Hal itu disampaikan Wakil Wali Kota Ely Toisutta usai mengikuti Sosialisasi Kampung Nelayan Mereka Putih 2026 Wilayah Provinsi Maluku di lantai II kantor Gubernur setempat, Rabu (11/3/2026).
Kegiatan itu dipimpin Direktur Jenderal (Dirjen) Perikanan Tangkap KKP RI Komjen Pol. (Purn) Lotharia Latief.
Keempat negeri tersebut yakni Negeri Laha, Latuhalat, Rutong dan Dusun Seri.
“Itu semua sudah disurvei dan sudah dilakukan verifikasi terkait keabsahan dan legalitas dari tanah yang ada. Semua clear and clean,” ungkapnya.

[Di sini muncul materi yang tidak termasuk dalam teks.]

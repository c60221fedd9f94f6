-- ===== src/Dispatcher/Reachable.antt =====
-- Every state that the dispatcher reaches (src/disp.cc): frames are put into the queue, connections
-- are erased, the thread handles a round, the dispatcher is started and closed, and between these the
-- polls and the sockets change the adapters.
use flora.Base.{ℕ, ◌≡◌, some, arith}
use flora.Caps.{CapsApi}
use flora.Message.Data.{Frame}
use flora.Dispatcher.State.{State, Net, Written, new_dispatcher}
use flora.Dispatcher.Handle.{put, run, erase_adapter, close, handle_cmds_round}
use flora.Dispatcher.Keeps.{Keeps}
use flora.Dispatcher.Orderly.{IsOrderly, Keeps-IsOrderly}
use flora.Dispatcher.Rounds.{handle_cmds_round-IsOrderly}

-- A round that is undefined leads nowhere.
pub data Reached (api : CapsApi) (os : ℕ → Written) (flags bufsize : ℕ)
    : State api.Caps → Type 0 where
  created : (net : Net) → Reached api os flags bufsize (new_dispatcher flags bufsize net)
  started :
      (st : State api.Caps)
      → Reached api os flags bufsize st
      → Reached api os flags bufsize (run api st)
  putting :
      (frame : Frame) (sender : ℕ) (st : State api.Caps)
      → Reached api os flags bufsize st
      → Reached api os flags bufsize (put api frame sender st).0
  erasing :
      (a : ℕ) (st : State api.Caps)
      → Reached api os flags bufsize st
      → Reached api os flags bufsize (erase_adapter api a st)
  round :
      (clock : ℕ → ℕ) (st st' : State api.Caps)
      → Reached api os flags bufsize st
      → handle_cmds_round api os clock st ≡ some st'
      → Reached api os flags bufsize st'
  closing :
      (st : State api.Caps)
      → Reached api os flags bufsize st
      → Reached api os flags bufsize (close api st)
  outside :
      (net : Net) (st : State api.Caps)
      → Reached api os flags bufsize st
      → Reached api os flags bufsize (record st { net = net })

put-Keeps :
    (api : CapsApi) (frame : Frame) (sender : ℕ) (st : State api.Caps)
    → Keeps st (put api frame sender st).0
unfolding put
put-Keeps api frame sender st = ground arith

erase_adapter-Keeps :
    (api : CapsApi) (a : ℕ) (st : State api.Caps) → Keeps st (erase_adapter api a st)
unfolding erase_adapter
erase_adapter-Keeps api a st = ground arith

-- In every state that the dispatcher reaches, the pending calls are sorted by the times at which
-- they are discarded, and the number of each was given out.
pub Reached-IsOrderly :
    (api : CapsApi) (os : ℕ → Written) (flags bufsize : ℕ) (st : State api.Caps)
    → Reached api os flags bufsize st
    → IsOrderly st
unfolding new_dispatcher run close
Reached-IsOrderly api os flags bufsize st (created net) = (tt, tt)
Reached-IsOrderly api os flags bufsize st (started old r) =
    Reached-IsOrderly api os flags bufsize old r
Reached-IsOrderly api os flags bufsize st (putting frame sender old r) =
    Keeps-IsOrderly old (put api frame sender old).0 (put-Keeps api frame sender old)
      (Reached-IsOrderly api os flags bufsize old r)
Reached-IsOrderly api os flags bufsize st (erasing a old r) =
    Keeps-IsOrderly old (erase_adapter api a old) (erase_adapter-Keeps api a old)
      (Reached-IsOrderly api os flags bufsize old r)
Reached-IsOrderly api os flags bufsize st (round clock old new r e) =
    handle_cmds_round-IsOrderly api os clock old st (Reached-IsOrderly api os flags bufsize old r) e
Reached-IsOrderly api os flags bufsize st (closing old r) =
    Reached-IsOrderly api os flags bufsize old r
Reached-IsOrderly api os flags bufsize st (outside net old r) =
    Reached-IsOrderly api os flags bufsize old r
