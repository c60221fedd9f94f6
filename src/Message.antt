-- ===== src/Message.antt =====
-- The messages between client and service (src/ser-helper.cc): data, serializers and parsers.
pub mod Data
pub mod RequestSerializer
pub mod ResponseSerializer
pub mod RequestParser
pub mod ResponseParser
pub mod MonitorParser
pub mod MonitorRoundTrip
pub mod Delivery
pub mod RequestRoundTrip
pub mod ResponseRoundTrip
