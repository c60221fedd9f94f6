-- ===== src/Message/MonitorRoundTrip.antt =====
-- What the service serializes for a monitor, the client's parser receives (src/ser-helper.cc).
use flora.Base.{
  ℕ, zero, suc, ◌<◌, ◌^◌, ◌≡◌, refl, sym, ap, ◌∙◌, List, [], ◌∷◌, ◌++◌, Option, none, some, ℤ, pos,
  to_word, to_word-pos, false, IsInt32, All, length, append_assoc, append-nil, arith, ◌==◌, nat_key,
  ==-refl,
}
use flora.Caps.{
  Value, Items, nil, cons, snoc, word, text, object, CapsApi, CapsLaws, value_of, uint32_then,
  string_then, int32_then, ◌▷◌, Parse, ◌>>=◌, done, Reads,
}
use flora.Protocol.{cmd_monitor_resp, monitor_list_all, monitor_list_add, monitor_list_remove}
use flora.Message.Data.{Frame, MonitorListItem}
use flora.Message.Delivery.{deliver, Received, receive}
use flora.Message.ResponseSerializer.{
  serialize_monitor_list_item, write_monitor_list_items, serialize_monitor_list_all,
  serialize_monitor_list_add, serialize_monitor_list_remove,
}
use flora.Message.MonitorParser.{
  ListParse, parsed, parse_item, at_end, after_object, parse_items, parse_monitor_list_all,
  parse_monitor_list_add, parse_monitor_list_remove,
}

abbrev fields : MonitorListItem → Items
fields i =
    cons (word i.id) (cons (word (to_word i.pid)) (cons (text i.name) (cons (word i.flags) nil)))

abbrev objects : List MonitorListItem → Items
objects [] = nil
objects (i ∷ is) = cons (object (fields i)) (objects is)

abbrev join : Items → Items → Items
join nil ws = ws
join (cons v vs) ws = cons v (join vs ws)

join-nil : (vs : Items) → join vs nil ≡ vs
join-nil nil = refl
join-nil (cons v vs) = ap (cons v) (join-nil vs)

join-snoc : (vs ws : Items) (v : Value) → join (snoc vs v) ws ≡ join vs (cons v ws)
join-snoc nil ws v = refl
join-snoc (cons u vs) ws v = ap (cons u) (join-snoc vs ws v)

abbrev pub ArePids : List MonitorListItem → Type 0
ArePids = All (λ i. IsInt32 i.pid)

module _ {api : CapsApi} (laws : CapsLaws api) where
  open laws use {values, new_lem, int32_lem, uint32_lem, string_lem, caps_lem}

  item-values : (i : MonitorListItem) → values (serialize_monitor_list_item api i) ≡ fields i
  unfolding serialize_monitor_list_item
  item-values i = simp (new_lem, int32_lem, uint32_lem, string_lem)

  items-values :
      (is : List MonitorListItem) (c : api.Caps)
      → values (write_monitor_list_items api is c) ≡ join (values c) (objects is)
  unfolding write_monitor_list_items
  items-values [] c = sym (join-nil (values c))
  items-values (i ∷ is) c =
      items-values is (api.write_caps (some (serialize_monitor_list_item api i)) c)
      ∙ ap (λ vs. join vs (objects is)) (caps_lem (some (serialize_monitor_list_item api i)) c)
      ∙ join-snoc (values c) (objects is) (object (values (serialize_monitor_list_item api i)))
      ∙ ap (λ vs. join (values c) (cons (object vs) (objects is))) (item-values i)

  parse_item-Reads :
      (i : MonitorListItem) (c : api.Caps)
      → IsInt32 i.pid
      → values c ≡ fields i
      → Reads values (parse_item api) c (λ j. j ≡ i) nil
  unfolding parse_item
  parse_item-Reads i c small e = uint32_then laws _ _ _ _ c i.id e λ c₁ e₁.
      int32_then laws _ _ _ _ c₁ i.pid small e₁ λ c₂ e₂.
        string_then laws _ _ _ _ c₂ i.name e₂
          λ c₃ e₃. uint32_then laws _ _ _ _ c₃ i.flags e₃ λ c₄ e₄. (_, refl, refl, e₄)

  -- An object that holds some values is not null.
  object-some :
      (o : Option api.Caps) (us : Items)
      → value_of values o ≡ object us
      → (sub : api.Caps) × (o ≡ some sub) × (values sub ≡ us)
  object-some none us e = ground arith
  object-some (some sub) us e = (sub, refl, ground arith)

  after_object-item :
      (again : List MonitorListItem → api.Caps → ListParse) (size : ℕ) (seen : List MonitorListItem)
      (i : MonitorListItem) (vs : Items) (c : api.Caps)
      → IsInt32 i.pid
      → values c ≡ cons (object (fields i)) vs
      → (c' : api.Caps) × (after_object api again size seen (api.read_caps c)
          ≡ again (seen ++ i ∷ []) c')
        × (values c' ≡ vs)
  after_object-item again size seen i vs c small e =
      let (o, got, is_object, left) = laws.read_object_lem (fields i) vs c e in
      let (sub, there, held) = object-some o (fields i) is_object in
      let (j, item, same, _) = parse_item-Reads i sub small held in
      ((api.read_caps c).1, rw (got, there, item, same), left)

  parse_items-objects :
      (is seen : List MonitorListItem) (fuel size : ℕ) (c : api.Caps)
      → ArePids is
      → length is < fuel
      → values c ≡ objects is
      → parse_items api fuel size seen c ≡ at_end api size (seen ++ is)
  unfolding parse_items
  parse_items-objects is seen zero size c small enough e = absurd (omega arith)
  parse_items-objects [] seen (suc fuel) size c small enough e =
      rw (laws.end_caps_lem c e, append-nil seen)
  parse_items-objects (i ∷ is) seen (suc fuel) size c small enough e =
      let (c', once, left) =
        after_object-item (parse_items api fuel size) size seen i (objects is) c small.0 e in
      once
      ∙ parse_items-objects is (seen ++ i ∷ []) fuel size c' small.1 (omega arith) left
      ∙ ap (at_end api size) (append_assoc seen (i ∷ []) is)

  parse_monitor_list_all-objects :
      (is : List MonitorListItem) (fuel : ℕ) (c : api.Caps)
      → ArePids is
      → length is < fuel
      → values c ≡ cons (word (length is)) (objects is)
      → parse_monitor_list_all api fuel c ≡ parsed is
  unfolding parse_monitor_list_all
  parse_monitor_list_all-objects [] fuel c small enough e =
      let (n, got, same, left) = laws.read_uint32_lem 0 nil c e in rw (got, same)
  parse_monitor_list_all-objects (i ∷ is) fuel c small enough e =
      let (n, got, same, left) = laws.read_uint32_lem (length (i ∷ is)) (objects (i ∷ is)) c e in
      let loop =
        parse_items-objects (i ∷ is) [] fuel (length (i ∷ is)) (api.read_uint32 c).1 small enough
          left in
      let some_there : (length (i ∷ is) == 0) ≡ false = ground arith in
      rw (got, same, some_there) (loop ∙ rw (==-refl (length (i ∷ is))))

  -- The command and the kind of a message to a monitor.
  abbrev pub read_heading : Parse api.Caps (ℤ × ℤ)
  read_heading = do cmd ← api.read_int32; kind ← api.read_int32; done (cmd, kind)

  heading :
      (c : api.Caps) (kind : ℤ) (vs : Items)
      → IsInt32 kind
      → values c ≡ cons (word (to_word cmd_monitor_resp)) (cons (word (to_word kind)) vs)
      → Reads values read_heading c (λ h. h ≡ (cmd_monitor_resp, kind)) vs
  heading c kind vs small e =
      int32_then laws _ _ _ _ c cmd_monitor_resp (omega arith) e
        λ c₁ e₁. int32_then laws _ _ _ _ c₁ kind small e₁ λ c₂ e₂. (_, refl, refl, e₂)

  -- The serialized list of all clients, with 32-bit pids and fewer than 2 ^ 31 items, is parsed into
  -- its command and kind and into the same items in order; with more fuel than there are items the
  -- loop ends.
  pub monitor_list_all-received :
      (is : List MonitorListItem) (size flags fuel : ℕ) (f : Frame)
      → ArePids is
      → length is < 2 ^ 31
      → length is < fuel
      → serialize_monitor_list_all api is size flags ≡ some f
      → (c : api.Caps) × (api.parse f.bytes ≡ some c)
        × ((read_heading c).0 ≡ some (cmd_monitor_resp, monitor_list_all))
        × (parse_monitor_list_all api fuel (read_heading c).1 ≡ parsed is)
  unfolding serialize_monitor_list_all
  monitor_list_all-received is size flags fuel f small count enough h =
      let (c, parses, same) = deliver laws _ size flags f h in
      let held : values c
          ≡ cons (word (to_word cmd_monitor_resp))
              (cons (word (to_word monitor_list_all)) (cons (word (length is)) (objects is))) =
        same
        ∙ items-values is (
            api.new_instance
            ▷ api.write_int32 cmd_monitor_resp
            ▷ api.write_int32 monitor_list_all
            ▷ api.write_int32 (pos (length is)))
        ∙ (simp (new_lem, int32_lem))
        ∙ ap
            (λ n.
              cons (word (to_word cmd_monitor_resp))
                (cons (word (to_word monitor_list_all)) (cons (word n) (objects is))))
            (to_word-pos (length is) (omega arith)) in
      let small_kind : IsInt32 monitor_list_all = omega arith in
      let (head, got, is_head, left) = heading c monitor_list_all _ small_kind held in
      (c, parses, got ∙ ap some is_head, parse_monitor_list_all-objects is fuel _ small enough left)

  -- The serialized message that a client with a 32-bit pid was added is parsed into its command and
  -- kind and into the same item.
  pub monitor_list_add-received :
      (i : MonitorListItem) (size flags : ℕ) (f : Frame)
      → IsInt32 i.pid
      → serialize_monitor_list_add api i size flags ≡ some f
      → (c : api.Caps) × (api.parse f.bytes ≡ some c)
        × ((read_heading c).0 ≡ some (cmd_monitor_resp, monitor_list_add))
        × (parse_monitor_list_add api (read_heading c).1 ≡ parsed (i ∷ []))
  unfolding serialize_monitor_list_add parse_monitor_list_add
  monitor_list_add-received i size flags f small h =
      let (c, parses, same) = deliver laws _ size flags f h in
      let held : values c
          ≡ cons (word (to_word cmd_monitor_resp))
              (cons (word (to_word monitor_list_add)) (cons (object (fields i)) nil)) =
        same ∙ simp (new_lem, int32_lem, caps_lem, item-values i) in
      let small_kind : IsInt32 monitor_list_add = omega arith in
      let (head, got, is_head, left) = heading c monitor_list_add _ small_kind held in
      let (o, read, is_object, _) = laws.read_object_lem (fields i) nil (read_heading c).1 left in
      let (sub, there, fields_held) = object-some o (fields i) is_object in
      let (j, item, is_item, _) = parse_item-Reads i sub small fields_held in
      (c, parses, got ∙ ap some is_head, rw (read, there, item, is_item))

  -- The serialized message that a client was removed is parsed into its command and kind and into
  -- the same id.
  pub monitor_list_remove-received :
      (id size flags : ℕ) (f : Frame)
      → serialize_monitor_list_remove api id size flags ≡ some f
      → Received laws f cmd_monitor_resp
          (do kind ← api.read_int32; removed ← parse_monitor_list_remove api; done (kind, removed))
          (λ (r : ℤ × ℕ). r ≡ (monitor_list_remove, id))
  unfolding serialize_monitor_list_remove parse_monitor_list_remove
  monitor_list_remove-received id size flags f h =
      receive laws _ _ _ size flags f cmd_monitor_resp
        (cons (word (to_word monitor_list_remove)) (cons (word id) nil)) h (omega arith)
        (simp (new_lem, int32_lem, uint32_lem))
        λ c e.
          int32_then laws _ _ _ _ c monitor_list_remove (omega arith) e
            λ c₁ e₁. uint32_then laws _ _ _ _ c₁ id e₁ λ c₂ e₂. (_, refl, refl, e₂)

Wawali Ely berharap dukungan masyarakat agar pembangunan itu bisa berjalan sesuai yang telah direncanakan Pemerintah pusat.
Diterangkannya, Dirjen Perikanan Tangkap KKP RI sudah melakukan peninjauan langsung ke lokasi pembangunan di Dusun Seri dan tiga negeri lainnya. Kemudian sudah diverifikasi oleh tim dan dinyatakan memenuhi syarat standar yang ditetapkan.
“Di bulan Mei sudah bisa dilakukan pembangunan,” jelasnya .
Ely berharap, pembangunan pada empat wilayah itu dapat segera dilakukan karena tidak ada kendala administrasi.
Menurutnya, kampung nelayan dirancang dengan sarana dan prasarana pendukung seperti cold storage, pabrik es, bengkel, UMKM dan koperasi merah putih. Semua terintegrasi dan akan dikelola oleh desa setempat.
Sementara itu, Lotharia Latief mengatakan, salah satu syarat penting dilakukannya pembangunan Kampung Nelayan Merah-Putih adalah lahan yang tersedia. Lahan tersebut harus betul-betul “clear and clean”.
“Lahan itu harus betul-betul ‘clear and clean’. Biasanya di daerah timur, lahan ini yang ada kendala. Contoh di Tual dan di Buru kan tidak ada masalah. Jadi langsung kita bangun. Bahwa itu milik Pemda langsung kita bangun,” jelas mantan kapolda Maluku itu.
Pihaknya berterima kasih kepada Gubernur Maluku Hendrik Lewerissa, dan Pemerintah daerah kabupaten/kota, karena program Kampung Nelayan Merah Putih sudah bisa berjalan dengan baik khususnya di Tual dan Buru.
“Tadi saya dikirimi WA dari Wakil Wali Kota Tual prosesnya sudah jalan. Ada tujuh ton mereka sudah proses. Ini kan suatu perubahan yang sangat baik,” tukasnya.